= WORK TASK =
Copy each line of the records that contains the word "some".

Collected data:
•••
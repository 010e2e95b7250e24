-- ===== src/Emitter/Main.antt =====
-- `main` of contract-emitter.py. `now` and `later` are the readings of the clock.
use krateo_openstack_bluepri.Prelude.{
  ℕ, String, List, map, if◌then◌else◌, ◌==◌, ◌+++◌, none, some, return, system_exit, Value,
}
use krateo_openstack_bluepri.Emitter.Config.{Environ, env_or, env_is}
use krateo_openstack_bluepri.Emitter.Effects.{Outside, State, Action, ◌>>=◌, ◌>>◌, pure, throw}
use krateo_openstack_bluepri.Emitter.Keystone.{keystone_auth}
use krateo_openstack_bluepri.Emitter.Usage.{collect_usage}
use krateo_openstack_bluepri.Emitter.Health.{collect_health}
use krateo_openstack_bluepri.Emitter.Store.{
  usage_document, health_document, health_database, ch_insert, ch_bootstrap_health_table,
}

abbrev pub rows_of : {A : Type 0} → (State → List A) → Action (List A)
rows_of f s = (return (f s), s)

module _ (out : Outside) (env : Environ) (now later : ℕ) where
  unfoldable pub usage_mode : String → String → Value → Action (Unit {0})
  unfolding collect_usage ch_insert usage_document
  usage_mode auth_url token catalog = do
    collect_usage out env now auth_url token catalog
    rows ← rows_of (λ s. s.usage)
    ch_insert out env (env_or env "CH_USAGE_TABLE" "usage_records") (map usage_document rows) none

  abbrev bootstrap : Action (Unit {0})
  bootstrap =
      if env_is env "CH_BOOTSTRAP_HEALTH_TABLE" "true" "true"
      then ch_bootstrap_health_table out env
      else pure tt

  unfoldable pub health_mode : String → Value → Action (Unit {0})
  unfolding collect_health ch_insert ch_bootstrap_health_table health_document
  health_mode auth_url catalog = do
    bootstrap
    collect_health out env now later auth_url catalog
    rows ← rows_of (λ s. s.health)
    ch_insert out env (env_or env "CH_HEALTH_TABLE" "health_records") (map health_document rows)
        (some (health_database env))

  unfoldable pub dispatch : String → String → String → Value → Action (Unit {0})
  dispatch mode auth_url token catalog =
      if mode == "usage"
      then usage_mode auth_url token catalog
      else if mode == "health"
      then health_mode auth_url catalog
      else throw (system_exit ("unknown MODE " +++ mode))

  unfoldable pub main : Action (Unit {0})
  unfolding keystone_auth dispatch usage_mode health_mode
  main = do auth ← keystone_auth out env; dispatch (env_or env "MODE" "usage") auth.0 auth.1 auth.2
•••
= SOLVED EXERCISE =
  ℕ, String, List, map, if◌then◌else◌, ◌==◌, ◌+++◌, none, some, return, system_exit, Value,
        (some (health_database env))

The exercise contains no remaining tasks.